Most hobbyists wouldn’t really find those kind of benefits worth the significantly higher prices though.
Eh, I’ve used a couple different quadros, and I disagree. I use autocad extensively at work, and I notice no performance difference between running it on a quadro or on a geforce. more color depth would be nice, if I had a monitor that supports it (and irrelevant for a gpu compute farm). build quality feels pretty similar to me, never had longevity issues with my geforce running in parallel with the quadro. I haven’t been running it through 24/7 rendering, but I do use it extensively.
On the bmw benchmark, I get 3:34 on my 750ti 2gb ($125) and 2:55 on my k4200 4gb ($785). that’s 22% faster on the quadro for a 628% cost increase. Compensating for the performance difference, it’s 5 times more expensive for the same level of performance. even if there were longevity issues, just buy 5 times more geforces and throw them away when they burn out, you will still come out ahead.
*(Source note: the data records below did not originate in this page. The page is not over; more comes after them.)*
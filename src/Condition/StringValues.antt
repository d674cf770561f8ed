-- ===== src/Condition/StringValues.antt =====
-- policy/condition/stringfunc.go: the constructors of the condition functions on strings.
use silo_pkg.Prelude.{
  List, [], ◌∷◌, Bool, true, false, not, ◌&&◌, ◌||◌, Option, none, some, if◌then◌else◌, is_empty,
  all,
}
use silo_pkg.Prelude.Bytes.{Bytes, eqb, codes}
use silo_pkg.Condition.Names.Keys.{
  s3_xamz_copy_source, s3_xamz_server_side_encryption,
  s3_xamz_server_side_encryption_customer_algorithm, s3_xamz_metadata_directive,
  s3_xamz_content_sha256,
}
use silo_pkg.Condition.Values.{has_key}
use silo_pkg.Condition.Keys.{Key, key_is}
use silo_pkg.Condition.Name.{
  qualifiers, string_equals, string_not_equals, string_equals_ignore_case,
  string_not_equals_ignore_case, string_like, string_not_like, binary_equals,
}
use silo_pkg.Condition.Value.{
  string_value, ValueSet, value_add, values_to_string_slice, path_to_bucket_and_object,
}
use silo_pkg.Condition.StringSets.{StringSets}
use silo_pkg.Condition.Library.{Library}
use silo_pkg.Condition.Strings.{StringFunc}

module _ (S : StringSets) (L : Library) where
  copy_source_is_valid : Bytes → Bool
  unfolding path_to_bucket_and_object
  copy_source_is_valid s =
      let (bucket, object) = path_to_bucket_and_object s in
      if is_empty object then false else L.check_valid_bucket_name bucket

  -- the second switch of the loop
  exact_value_is_valid : Key → Bytes → Bool
  unfolding key_is eqb
  exact_value_is_valid key s =
      if key_is key s3_xamz_server_side_encryption_customer_algorithm
      then eqb s (codes "AES256")
      else if key_is key s3_xamz_server_side_encryption
      then eqb s (codes "AES256") || eqb s (codes "aws:kms")
      else if key_is key s3_xamz_metadata_directive
      then eqb s (codes "COPY") || eqb s (codes "REPLACE")
      else if key_is key s3_xamz_content_sha256
      then not (is_empty s)
      else true

  -- one round of the loop of `validateStringValues`
  unfoldable pub string_value_is_valid : Bytes → Key → Bytes → Bool
  unfolding key_is eqb copy_source_is_valid exact_value_is_valid
  string_value_is_valid n key s =
      if key_is key s3_xamz_copy_source && not (copy_source_is_valid s)
      then false
      else if eqb n string_like || eqb n string_not_like
      then true
      else exact_value_is_valid key s

  -- `validateStringValues`; `false` is the error
  unfoldable pub validate_string_values : Bytes → Key → S.Set → Bool
  unfolding string_value_is_valid
  validate_string_values n key values = all (string_value_is_valid n key) (S.to_slice values)

  string_func_with :
      Bytes → Key → Bytes → Bool → Bool → Bool → Option (List Bytes) → Option (StringFunc S.Set)
  unfolding validate_string_values has_key qualifiers
  string_func_with n key qualifier ignore_case base64 negate none = none
  string_func_with n key qualifier ignore_case base64 negate (some value_strings) =
      let sset = S.create_string_set value_strings in
      if not (validate_string_values n key sset)
      then none
      else if not (is_empty qualifier) && not (has_key qualifiers qualifier)
      then none
      else some (record {
        n = record { qualifier = qualifier; name = n };
        k = key;
        values = sset;
        ignore_case = ignore_case;
        base64 = base64;
        negate = negate;
      })

  -- `newStringFunc`; `none` is the error
  unfoldable pub new_string_func :
      Bytes → Key → ValueSet → Bytes → Bool → Bool → Bool → Option (StringFunc S.Set)
  unfolding string_func_with values_to_string_slice
  new_string_func n key values qualifier ignore_case base64 negate =
      string_func_with n key qualifier ignore_case base64 negate (values_to_string_slice values)

  unfoldable pub new_string_equals_func : Key → ValueSet → Bytes → Option (StringFunc S.Set)
  unfolding new_string_func
  new_string_equals_func key values qualifier =
      new_string_func string_equals key values qualifier false false false

  unfoldable pub new_string_not_equals_func : Key → ValueSet → Bytes → Option (StringFunc S.Set)
  unfolding new_string_func
  new_string_not_equals_func key values qualifier =
      new_string_func string_not_equals key values qualifier false false true

  unfoldable pub new_string_equals_ignore_case_func :
      Key → ValueSet → Bytes → Option (StringFunc S.Set)
  unfolding new_string_func
  new_string_equals_ignore_case_func key values qualifier =
      new_string_func string_equals_ignore_case key values qualifier true false false

  unfoldable pub new_string_not_equals_ignore_case_func :
      Key → ValueSet → Bytes → Option (StringFunc S.Set)
  unfolding new_string_func
  new_string_not_equals_ignore_case_func key values qualifier =
      new_string_func string_not_equals_ignore_case key values qualifier true false true

  decoded_into : ValueSet → List Bytes → Option ValueSet
  unfolding value_add
  decoded_into vset [] = some vset
  decoded_into vset (value ∷ values) = elim (L.decode_base64 value) [
    | none ↦ none
    | some text ↦ decoded_into (value_add vset (string_value text)) values
  ]

  -- `NewBinaryEqualsFunc`
  unfoldable pub public_binary_equals_func : Bytes → Key → List Bytes → Option (StringFunc S.Set)
  unfolding new_string_func decoded_into
  public_binary_equals_func qualifier key values = elim (decoded_into [] values) [
    | none ↦ none
    | some vset ↦ new_string_func binary_equals key vset qualifier false true false
  ]

  -- `newBinaryEqualsFunc`
  unfoldable pub new_binary_equals_func : Key → ValueSet → Bytes → Option (StringFunc S.Set)
  unfolding public_binary_equals_func values_to_string_slice
  new_binary_equals_func key values qualifier = elim (values_to_string_slice values) [
    | none ↦ none
    | some value_strings ↦ public_binary_equals_func qualifier key value_strings
  ]

  unfoldable pub new_string_like_func : Key → ValueSet → Bytes → Option (StringFunc S.Set)
  unfolding new_string_func
  new_string_like_func key values qualifier =
      new_string_func string_like key values qualifier false false false

  unfoldable pub new_string_not_like_func : Key → ValueSet → Bytes → Option (StringFunc S.Set)
  unfolding new_string_func
  new_string_not_like_func key values qualifier =
      new_string_func string_not_like key values qualifier false false true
I didn’t say anything about performance. GeForce and quadro are essentially the same chips except for a few obscure features disabled on the GeForce. While I have heard of performance gains in 3D apps with the Quadros, overall I’ve not noticed a huge enough difference to justify the cost difference. Many of the other advantages, however, really do matter to some people. If they don’t matter to you, then good, you will save a big chunk of money and still have what you need. My only argument is that the quadro line offers potentially important advantages depending on your needs. It’s not just a name.
From a gpu accelerated rendering standpoint (the context of this conversation) I see no benefit to invest in a Quadro. If you are considering purchasing a gpu with the intention of accelerating cycles renders, a Quadro should not be on your list.
Yes, it is more than a name, there is more than just marketing in there (though there is an awful lot of that, too). But for almost anyone on this forum, they don’t bring much to the table.
google the amd nano. last gen you needed a full tower, thanks to stacked hbm you can fit it in a mini tower. it got a 14 inch card down to about 8 inches, its 1.5 times long as it is wide. its more the result of hbm than the actual processor.with hbm even standard cards will only be twice as long as they are wide. half the card length used to be gddr5, and that can now be eliminated.
The AMD s9170 with 32gb are just coming out, but who can afford cards at 4000$ or more, and besides ram capacity, what would be the advantages of a single card that is actually slower then the gaming equivalent?
The two big highlighted answers are what may matter to you. Hopefully this settles the Quadro matter.
Only thing i didn’t read there (but i may have overlooked) is that, while they do state Quadro cards use the same chips as GTX, those are in fact downclocked to improve durability at the cost of speed.
As for the FirePro, i’ll leave that half of the googling work to you
The main thing with Quadro is that it is able to do continual renders for a long periods of time. So in an animation studio where they would have their own farm or for a farm owner that is why they would use Quadro. Titans and Geforce would just burnout where as the Quadro would keep on ticking. Longevity is the main reason why they are bought. Which was Fahr’s main point I believe.
You’re right though, for regular people it is more advantageous to get a Titan. People who buy a Quadro for personal use probably just don’t understand this and buy into the marketing.